Work required - Your whole answer should be the number of lines in the material below that include the word "codes".

Source information -
+ + + + +

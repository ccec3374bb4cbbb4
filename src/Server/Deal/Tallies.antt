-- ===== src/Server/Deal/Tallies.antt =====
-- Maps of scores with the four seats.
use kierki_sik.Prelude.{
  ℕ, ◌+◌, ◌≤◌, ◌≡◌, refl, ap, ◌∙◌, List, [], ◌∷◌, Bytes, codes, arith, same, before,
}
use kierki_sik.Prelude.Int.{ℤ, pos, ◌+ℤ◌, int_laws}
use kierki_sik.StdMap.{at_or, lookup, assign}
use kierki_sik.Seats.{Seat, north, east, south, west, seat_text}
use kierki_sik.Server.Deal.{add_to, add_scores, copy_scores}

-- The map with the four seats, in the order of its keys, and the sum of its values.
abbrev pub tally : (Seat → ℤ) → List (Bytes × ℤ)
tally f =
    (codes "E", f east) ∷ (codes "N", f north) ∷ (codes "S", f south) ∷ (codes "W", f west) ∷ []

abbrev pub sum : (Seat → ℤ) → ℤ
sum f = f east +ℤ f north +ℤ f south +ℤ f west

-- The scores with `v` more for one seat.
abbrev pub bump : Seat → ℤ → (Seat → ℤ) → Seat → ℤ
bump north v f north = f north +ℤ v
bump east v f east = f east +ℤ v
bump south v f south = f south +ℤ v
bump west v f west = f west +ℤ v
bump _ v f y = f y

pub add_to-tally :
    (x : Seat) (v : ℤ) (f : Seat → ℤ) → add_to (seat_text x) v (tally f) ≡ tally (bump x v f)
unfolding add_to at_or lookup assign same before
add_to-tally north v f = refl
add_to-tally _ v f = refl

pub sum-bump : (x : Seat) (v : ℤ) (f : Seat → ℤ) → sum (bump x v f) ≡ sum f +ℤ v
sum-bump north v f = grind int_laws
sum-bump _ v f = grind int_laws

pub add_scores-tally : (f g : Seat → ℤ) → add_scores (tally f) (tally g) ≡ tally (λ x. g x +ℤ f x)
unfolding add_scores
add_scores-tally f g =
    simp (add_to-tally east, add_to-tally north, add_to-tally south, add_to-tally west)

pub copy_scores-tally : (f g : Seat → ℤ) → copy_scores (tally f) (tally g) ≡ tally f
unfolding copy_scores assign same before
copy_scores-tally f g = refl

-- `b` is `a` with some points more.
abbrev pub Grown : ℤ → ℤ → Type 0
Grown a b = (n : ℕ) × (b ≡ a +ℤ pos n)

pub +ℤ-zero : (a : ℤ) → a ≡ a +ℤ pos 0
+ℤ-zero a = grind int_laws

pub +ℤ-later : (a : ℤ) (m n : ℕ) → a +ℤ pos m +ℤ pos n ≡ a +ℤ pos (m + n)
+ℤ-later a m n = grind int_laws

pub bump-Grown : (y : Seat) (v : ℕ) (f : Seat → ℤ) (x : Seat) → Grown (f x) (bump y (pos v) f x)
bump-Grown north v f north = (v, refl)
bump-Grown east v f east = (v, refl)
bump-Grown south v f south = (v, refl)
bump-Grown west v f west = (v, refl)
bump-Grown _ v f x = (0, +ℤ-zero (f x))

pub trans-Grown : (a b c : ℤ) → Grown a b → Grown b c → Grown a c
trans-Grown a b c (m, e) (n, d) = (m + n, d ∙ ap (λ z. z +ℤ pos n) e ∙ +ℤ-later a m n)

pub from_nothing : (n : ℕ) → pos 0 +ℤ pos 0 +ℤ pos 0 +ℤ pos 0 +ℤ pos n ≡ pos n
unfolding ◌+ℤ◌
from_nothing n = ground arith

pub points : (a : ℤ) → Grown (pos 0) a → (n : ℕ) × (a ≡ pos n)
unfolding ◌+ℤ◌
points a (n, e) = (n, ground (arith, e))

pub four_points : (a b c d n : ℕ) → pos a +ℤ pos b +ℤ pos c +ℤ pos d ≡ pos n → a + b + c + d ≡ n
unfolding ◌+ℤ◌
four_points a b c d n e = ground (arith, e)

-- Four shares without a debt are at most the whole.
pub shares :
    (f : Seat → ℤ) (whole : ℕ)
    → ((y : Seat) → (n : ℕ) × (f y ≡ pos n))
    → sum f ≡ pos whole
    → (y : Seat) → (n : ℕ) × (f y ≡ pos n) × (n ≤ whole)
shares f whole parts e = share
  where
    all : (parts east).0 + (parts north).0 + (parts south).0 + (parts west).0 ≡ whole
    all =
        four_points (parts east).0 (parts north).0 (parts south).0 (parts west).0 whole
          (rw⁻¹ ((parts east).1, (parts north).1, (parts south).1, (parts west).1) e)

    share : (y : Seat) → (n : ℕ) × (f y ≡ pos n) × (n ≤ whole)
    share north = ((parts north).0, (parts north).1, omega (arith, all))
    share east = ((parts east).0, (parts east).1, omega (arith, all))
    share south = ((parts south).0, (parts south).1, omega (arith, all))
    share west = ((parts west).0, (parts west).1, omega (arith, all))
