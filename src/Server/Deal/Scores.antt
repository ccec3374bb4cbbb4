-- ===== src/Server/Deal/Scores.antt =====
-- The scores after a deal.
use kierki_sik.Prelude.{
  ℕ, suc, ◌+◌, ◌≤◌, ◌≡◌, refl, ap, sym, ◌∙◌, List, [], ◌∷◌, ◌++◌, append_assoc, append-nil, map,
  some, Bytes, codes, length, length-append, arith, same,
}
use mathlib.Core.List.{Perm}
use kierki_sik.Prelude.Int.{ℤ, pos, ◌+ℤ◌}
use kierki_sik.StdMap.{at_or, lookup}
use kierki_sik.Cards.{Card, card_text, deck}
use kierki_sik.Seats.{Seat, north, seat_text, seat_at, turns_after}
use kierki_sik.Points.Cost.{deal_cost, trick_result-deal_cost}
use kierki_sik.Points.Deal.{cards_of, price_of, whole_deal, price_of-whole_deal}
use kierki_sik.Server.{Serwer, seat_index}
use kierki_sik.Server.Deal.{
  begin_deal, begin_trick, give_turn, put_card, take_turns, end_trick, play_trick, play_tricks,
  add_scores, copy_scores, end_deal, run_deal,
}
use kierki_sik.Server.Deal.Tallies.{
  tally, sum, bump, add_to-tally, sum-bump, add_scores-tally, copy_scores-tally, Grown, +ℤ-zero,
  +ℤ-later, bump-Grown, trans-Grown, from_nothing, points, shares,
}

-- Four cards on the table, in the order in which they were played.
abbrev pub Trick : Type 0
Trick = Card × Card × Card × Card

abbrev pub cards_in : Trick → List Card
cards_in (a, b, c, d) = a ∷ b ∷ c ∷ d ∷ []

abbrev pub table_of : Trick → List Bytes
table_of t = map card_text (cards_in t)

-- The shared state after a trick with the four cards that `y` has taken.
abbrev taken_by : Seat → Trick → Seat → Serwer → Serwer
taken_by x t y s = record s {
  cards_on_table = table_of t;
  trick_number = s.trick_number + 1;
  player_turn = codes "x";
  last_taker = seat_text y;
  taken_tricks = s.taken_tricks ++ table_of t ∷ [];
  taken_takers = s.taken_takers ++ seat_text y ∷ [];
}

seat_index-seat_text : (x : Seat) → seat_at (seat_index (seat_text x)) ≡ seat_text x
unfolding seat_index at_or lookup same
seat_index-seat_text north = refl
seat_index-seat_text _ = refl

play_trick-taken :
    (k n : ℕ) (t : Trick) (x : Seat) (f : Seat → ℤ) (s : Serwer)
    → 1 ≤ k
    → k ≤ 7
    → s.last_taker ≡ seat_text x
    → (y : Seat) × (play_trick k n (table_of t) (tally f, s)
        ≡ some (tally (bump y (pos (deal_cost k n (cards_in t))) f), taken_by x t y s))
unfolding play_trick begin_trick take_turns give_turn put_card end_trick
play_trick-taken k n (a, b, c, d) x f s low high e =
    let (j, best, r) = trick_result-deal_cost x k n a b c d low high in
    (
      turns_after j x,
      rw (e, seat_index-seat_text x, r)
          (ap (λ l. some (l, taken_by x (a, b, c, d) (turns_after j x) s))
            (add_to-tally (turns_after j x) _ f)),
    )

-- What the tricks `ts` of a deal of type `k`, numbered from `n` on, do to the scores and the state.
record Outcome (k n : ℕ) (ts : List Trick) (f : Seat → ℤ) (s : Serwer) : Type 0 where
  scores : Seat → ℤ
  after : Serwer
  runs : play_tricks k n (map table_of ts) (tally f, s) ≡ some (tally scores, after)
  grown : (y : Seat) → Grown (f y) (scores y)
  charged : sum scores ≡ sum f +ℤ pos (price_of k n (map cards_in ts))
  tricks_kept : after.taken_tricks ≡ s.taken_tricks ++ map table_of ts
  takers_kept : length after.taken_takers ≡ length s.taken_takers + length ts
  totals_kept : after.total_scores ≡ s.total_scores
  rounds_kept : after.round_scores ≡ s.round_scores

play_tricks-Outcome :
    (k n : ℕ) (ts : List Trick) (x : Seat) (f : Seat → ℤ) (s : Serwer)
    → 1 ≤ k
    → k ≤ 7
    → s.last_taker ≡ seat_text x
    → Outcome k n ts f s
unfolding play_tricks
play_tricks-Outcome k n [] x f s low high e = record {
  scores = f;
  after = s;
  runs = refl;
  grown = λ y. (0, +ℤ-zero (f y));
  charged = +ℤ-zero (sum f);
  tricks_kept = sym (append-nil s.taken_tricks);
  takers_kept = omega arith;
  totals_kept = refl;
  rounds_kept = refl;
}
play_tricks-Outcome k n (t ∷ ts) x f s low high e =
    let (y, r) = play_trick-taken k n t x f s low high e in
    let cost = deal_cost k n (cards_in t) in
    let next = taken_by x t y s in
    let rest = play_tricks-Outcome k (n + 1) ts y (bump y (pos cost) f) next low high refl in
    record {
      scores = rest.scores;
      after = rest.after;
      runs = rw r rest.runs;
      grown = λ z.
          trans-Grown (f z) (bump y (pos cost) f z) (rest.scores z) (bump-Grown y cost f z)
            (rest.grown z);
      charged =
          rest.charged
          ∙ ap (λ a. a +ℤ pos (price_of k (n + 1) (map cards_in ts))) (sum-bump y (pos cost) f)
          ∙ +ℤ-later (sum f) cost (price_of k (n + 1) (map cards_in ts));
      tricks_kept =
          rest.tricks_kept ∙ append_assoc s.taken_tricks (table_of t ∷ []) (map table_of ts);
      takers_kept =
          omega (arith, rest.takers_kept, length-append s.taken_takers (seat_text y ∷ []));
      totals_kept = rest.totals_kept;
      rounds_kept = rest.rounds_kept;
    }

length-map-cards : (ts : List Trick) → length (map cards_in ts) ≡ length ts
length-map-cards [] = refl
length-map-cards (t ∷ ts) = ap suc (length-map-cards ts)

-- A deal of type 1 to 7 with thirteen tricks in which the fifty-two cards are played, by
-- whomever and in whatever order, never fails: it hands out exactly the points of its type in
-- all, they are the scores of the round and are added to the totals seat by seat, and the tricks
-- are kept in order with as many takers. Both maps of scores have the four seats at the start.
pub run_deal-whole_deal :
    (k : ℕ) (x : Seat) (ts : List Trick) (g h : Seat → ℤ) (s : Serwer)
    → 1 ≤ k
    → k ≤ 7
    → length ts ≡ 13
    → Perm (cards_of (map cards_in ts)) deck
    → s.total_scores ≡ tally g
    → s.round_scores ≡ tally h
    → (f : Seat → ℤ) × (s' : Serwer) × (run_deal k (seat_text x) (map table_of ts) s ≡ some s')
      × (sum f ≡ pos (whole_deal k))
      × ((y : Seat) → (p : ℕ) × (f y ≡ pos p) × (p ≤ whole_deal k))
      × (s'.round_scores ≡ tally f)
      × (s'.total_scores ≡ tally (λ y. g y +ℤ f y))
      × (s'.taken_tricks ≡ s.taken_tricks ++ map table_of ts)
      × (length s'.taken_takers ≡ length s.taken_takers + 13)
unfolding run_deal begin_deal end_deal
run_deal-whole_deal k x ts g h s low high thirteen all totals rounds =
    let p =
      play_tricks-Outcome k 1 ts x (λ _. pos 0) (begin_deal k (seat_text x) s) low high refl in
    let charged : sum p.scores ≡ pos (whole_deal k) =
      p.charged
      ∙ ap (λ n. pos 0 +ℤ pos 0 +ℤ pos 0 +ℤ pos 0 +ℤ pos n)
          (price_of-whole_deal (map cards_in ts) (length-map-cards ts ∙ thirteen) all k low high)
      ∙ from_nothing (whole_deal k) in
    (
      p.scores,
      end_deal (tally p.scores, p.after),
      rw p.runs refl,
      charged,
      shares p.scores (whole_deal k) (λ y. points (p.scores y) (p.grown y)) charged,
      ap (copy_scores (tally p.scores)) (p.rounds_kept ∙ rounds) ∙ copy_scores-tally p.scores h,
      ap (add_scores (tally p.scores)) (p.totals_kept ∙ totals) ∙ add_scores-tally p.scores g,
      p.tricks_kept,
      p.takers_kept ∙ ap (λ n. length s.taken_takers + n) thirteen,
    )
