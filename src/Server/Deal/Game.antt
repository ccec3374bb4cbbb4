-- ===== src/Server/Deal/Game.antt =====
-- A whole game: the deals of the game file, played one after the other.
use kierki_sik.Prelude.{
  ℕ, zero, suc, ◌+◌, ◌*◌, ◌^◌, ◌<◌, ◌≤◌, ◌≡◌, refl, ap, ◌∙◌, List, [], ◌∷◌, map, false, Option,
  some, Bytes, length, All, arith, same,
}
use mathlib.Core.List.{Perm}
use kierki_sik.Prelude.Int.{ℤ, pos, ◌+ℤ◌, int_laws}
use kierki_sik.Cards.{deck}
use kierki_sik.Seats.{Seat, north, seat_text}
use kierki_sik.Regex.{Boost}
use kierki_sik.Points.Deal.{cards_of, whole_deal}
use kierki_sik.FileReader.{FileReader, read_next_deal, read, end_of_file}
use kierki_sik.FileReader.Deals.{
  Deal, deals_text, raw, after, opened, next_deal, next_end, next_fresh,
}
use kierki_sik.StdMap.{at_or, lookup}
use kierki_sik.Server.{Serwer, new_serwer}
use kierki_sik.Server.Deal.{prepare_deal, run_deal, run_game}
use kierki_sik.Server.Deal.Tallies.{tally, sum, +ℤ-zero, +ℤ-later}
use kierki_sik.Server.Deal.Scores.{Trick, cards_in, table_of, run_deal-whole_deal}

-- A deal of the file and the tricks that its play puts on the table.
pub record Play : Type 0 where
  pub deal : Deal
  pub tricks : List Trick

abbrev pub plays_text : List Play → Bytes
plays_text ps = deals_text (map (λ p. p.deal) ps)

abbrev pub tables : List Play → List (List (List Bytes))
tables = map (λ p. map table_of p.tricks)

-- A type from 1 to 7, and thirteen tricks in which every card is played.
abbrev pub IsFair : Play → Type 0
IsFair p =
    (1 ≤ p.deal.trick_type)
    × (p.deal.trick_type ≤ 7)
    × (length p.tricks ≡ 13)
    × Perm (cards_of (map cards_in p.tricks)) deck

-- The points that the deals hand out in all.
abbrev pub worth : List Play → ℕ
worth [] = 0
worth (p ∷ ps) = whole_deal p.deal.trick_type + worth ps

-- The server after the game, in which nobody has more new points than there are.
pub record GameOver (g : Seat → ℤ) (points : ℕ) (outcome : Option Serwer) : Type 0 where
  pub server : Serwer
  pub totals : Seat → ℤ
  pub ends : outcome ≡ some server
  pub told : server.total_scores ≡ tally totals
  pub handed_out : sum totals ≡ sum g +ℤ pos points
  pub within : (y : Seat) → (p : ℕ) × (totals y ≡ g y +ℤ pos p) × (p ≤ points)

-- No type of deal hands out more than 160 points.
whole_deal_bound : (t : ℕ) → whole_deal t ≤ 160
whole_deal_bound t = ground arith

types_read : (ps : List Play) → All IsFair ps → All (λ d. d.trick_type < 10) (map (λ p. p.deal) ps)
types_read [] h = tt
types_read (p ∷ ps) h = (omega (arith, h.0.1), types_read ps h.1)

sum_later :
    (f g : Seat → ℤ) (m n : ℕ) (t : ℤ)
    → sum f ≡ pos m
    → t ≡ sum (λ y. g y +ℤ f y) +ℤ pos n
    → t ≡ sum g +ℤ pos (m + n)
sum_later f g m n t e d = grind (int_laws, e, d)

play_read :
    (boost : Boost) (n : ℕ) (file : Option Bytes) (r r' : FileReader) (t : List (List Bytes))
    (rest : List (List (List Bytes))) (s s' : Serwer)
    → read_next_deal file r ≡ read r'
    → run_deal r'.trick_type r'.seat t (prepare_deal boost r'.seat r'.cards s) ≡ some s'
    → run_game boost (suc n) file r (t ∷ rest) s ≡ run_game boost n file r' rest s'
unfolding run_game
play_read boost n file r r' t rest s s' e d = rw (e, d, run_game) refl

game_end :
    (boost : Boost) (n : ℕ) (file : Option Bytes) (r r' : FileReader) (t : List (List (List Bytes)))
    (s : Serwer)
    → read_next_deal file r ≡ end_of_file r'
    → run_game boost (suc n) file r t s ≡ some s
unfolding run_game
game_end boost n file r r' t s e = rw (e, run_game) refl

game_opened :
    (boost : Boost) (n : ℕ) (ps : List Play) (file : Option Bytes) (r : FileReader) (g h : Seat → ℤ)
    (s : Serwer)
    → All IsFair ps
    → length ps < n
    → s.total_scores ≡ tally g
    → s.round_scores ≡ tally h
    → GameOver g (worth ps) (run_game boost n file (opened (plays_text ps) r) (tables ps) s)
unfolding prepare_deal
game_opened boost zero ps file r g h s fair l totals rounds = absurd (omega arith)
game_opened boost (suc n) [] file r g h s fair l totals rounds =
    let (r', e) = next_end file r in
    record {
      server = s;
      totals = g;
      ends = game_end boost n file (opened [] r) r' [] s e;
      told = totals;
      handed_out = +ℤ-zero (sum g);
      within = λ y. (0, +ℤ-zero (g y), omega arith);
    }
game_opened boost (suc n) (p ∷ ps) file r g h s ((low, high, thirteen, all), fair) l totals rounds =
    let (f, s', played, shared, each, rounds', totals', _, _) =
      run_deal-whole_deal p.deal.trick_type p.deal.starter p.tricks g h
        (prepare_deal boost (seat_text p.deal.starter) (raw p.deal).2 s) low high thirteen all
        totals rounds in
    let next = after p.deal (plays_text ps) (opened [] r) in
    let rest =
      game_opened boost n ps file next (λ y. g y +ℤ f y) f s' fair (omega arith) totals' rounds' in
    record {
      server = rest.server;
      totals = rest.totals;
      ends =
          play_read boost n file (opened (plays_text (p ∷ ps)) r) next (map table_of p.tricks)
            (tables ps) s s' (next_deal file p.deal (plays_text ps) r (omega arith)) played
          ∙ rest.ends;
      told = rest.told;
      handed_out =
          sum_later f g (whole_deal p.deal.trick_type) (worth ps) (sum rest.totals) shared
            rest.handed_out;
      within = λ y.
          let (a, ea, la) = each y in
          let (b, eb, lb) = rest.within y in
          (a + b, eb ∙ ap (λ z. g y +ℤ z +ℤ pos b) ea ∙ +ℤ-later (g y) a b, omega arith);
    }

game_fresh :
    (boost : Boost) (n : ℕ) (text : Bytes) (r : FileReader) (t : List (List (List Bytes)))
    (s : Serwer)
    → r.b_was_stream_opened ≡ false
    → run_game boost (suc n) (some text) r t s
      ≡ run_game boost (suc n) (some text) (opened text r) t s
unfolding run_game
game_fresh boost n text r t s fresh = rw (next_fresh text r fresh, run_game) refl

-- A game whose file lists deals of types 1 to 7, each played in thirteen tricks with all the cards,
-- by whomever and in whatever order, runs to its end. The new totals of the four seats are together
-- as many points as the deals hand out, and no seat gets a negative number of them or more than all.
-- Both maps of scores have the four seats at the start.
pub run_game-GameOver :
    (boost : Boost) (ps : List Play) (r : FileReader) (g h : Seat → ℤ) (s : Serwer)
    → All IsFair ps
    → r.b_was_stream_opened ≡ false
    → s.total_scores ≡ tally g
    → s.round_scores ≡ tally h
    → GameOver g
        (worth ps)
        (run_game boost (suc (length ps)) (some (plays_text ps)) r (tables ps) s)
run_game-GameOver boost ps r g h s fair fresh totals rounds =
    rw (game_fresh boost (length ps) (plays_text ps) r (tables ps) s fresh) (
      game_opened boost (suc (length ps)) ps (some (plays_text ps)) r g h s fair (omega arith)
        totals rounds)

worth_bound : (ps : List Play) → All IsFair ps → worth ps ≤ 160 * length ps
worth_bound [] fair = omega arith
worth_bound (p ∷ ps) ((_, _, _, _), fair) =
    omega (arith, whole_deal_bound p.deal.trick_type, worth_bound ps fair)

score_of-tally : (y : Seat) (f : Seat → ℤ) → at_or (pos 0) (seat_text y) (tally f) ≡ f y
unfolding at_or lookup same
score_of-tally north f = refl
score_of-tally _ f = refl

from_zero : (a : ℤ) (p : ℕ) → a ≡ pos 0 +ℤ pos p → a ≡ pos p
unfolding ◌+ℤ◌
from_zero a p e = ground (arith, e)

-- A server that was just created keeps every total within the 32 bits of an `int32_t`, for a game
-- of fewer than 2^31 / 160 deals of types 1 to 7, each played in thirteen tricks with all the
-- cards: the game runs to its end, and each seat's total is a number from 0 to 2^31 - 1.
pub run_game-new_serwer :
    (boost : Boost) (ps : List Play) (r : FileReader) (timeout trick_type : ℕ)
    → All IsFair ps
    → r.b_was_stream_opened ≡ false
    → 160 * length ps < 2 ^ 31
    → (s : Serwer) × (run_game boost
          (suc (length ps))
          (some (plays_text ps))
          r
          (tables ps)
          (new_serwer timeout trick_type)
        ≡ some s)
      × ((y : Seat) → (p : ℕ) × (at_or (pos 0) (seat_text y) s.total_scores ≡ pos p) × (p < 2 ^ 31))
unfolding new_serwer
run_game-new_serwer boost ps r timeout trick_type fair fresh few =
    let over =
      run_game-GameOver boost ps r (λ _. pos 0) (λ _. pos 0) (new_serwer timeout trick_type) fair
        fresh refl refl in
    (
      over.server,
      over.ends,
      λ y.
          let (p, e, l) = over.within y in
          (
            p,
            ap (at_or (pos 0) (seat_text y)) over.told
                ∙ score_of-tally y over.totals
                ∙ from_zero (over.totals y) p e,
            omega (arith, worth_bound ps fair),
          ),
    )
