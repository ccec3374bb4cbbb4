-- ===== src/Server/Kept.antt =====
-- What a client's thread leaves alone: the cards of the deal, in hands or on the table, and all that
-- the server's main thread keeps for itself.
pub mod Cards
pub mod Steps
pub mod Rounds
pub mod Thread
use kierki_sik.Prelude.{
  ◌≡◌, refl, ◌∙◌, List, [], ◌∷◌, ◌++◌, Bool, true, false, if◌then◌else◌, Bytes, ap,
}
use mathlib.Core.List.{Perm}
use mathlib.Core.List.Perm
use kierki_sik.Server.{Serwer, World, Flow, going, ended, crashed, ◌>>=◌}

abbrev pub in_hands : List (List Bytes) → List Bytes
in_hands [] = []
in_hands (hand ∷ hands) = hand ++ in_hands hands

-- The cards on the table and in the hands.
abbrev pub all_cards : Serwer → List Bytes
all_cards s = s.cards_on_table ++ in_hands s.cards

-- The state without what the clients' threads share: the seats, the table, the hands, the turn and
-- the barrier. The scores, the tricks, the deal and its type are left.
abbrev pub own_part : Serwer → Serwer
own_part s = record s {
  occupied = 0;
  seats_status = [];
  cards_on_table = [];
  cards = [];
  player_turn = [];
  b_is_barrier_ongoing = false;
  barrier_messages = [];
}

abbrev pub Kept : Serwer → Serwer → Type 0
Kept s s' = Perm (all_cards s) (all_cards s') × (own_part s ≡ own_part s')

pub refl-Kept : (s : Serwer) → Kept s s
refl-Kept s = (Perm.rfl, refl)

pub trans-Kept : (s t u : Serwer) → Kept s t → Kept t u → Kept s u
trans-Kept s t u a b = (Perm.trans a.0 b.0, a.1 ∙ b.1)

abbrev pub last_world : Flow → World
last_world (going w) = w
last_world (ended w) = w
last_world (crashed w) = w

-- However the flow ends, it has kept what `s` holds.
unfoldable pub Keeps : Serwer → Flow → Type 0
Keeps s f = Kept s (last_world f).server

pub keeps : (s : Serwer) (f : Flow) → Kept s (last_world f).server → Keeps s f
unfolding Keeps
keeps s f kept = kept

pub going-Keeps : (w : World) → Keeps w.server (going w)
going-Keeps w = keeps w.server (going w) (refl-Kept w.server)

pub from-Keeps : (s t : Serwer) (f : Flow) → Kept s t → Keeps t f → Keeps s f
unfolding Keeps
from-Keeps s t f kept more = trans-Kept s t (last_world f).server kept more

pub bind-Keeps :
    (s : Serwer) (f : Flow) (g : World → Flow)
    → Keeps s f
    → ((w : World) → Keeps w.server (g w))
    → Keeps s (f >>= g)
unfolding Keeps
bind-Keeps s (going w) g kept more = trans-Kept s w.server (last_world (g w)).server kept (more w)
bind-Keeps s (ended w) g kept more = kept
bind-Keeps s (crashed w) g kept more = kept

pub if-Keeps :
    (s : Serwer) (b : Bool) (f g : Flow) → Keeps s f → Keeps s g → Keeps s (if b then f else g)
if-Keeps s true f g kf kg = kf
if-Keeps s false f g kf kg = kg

+ + + + +

Exercise solution - 4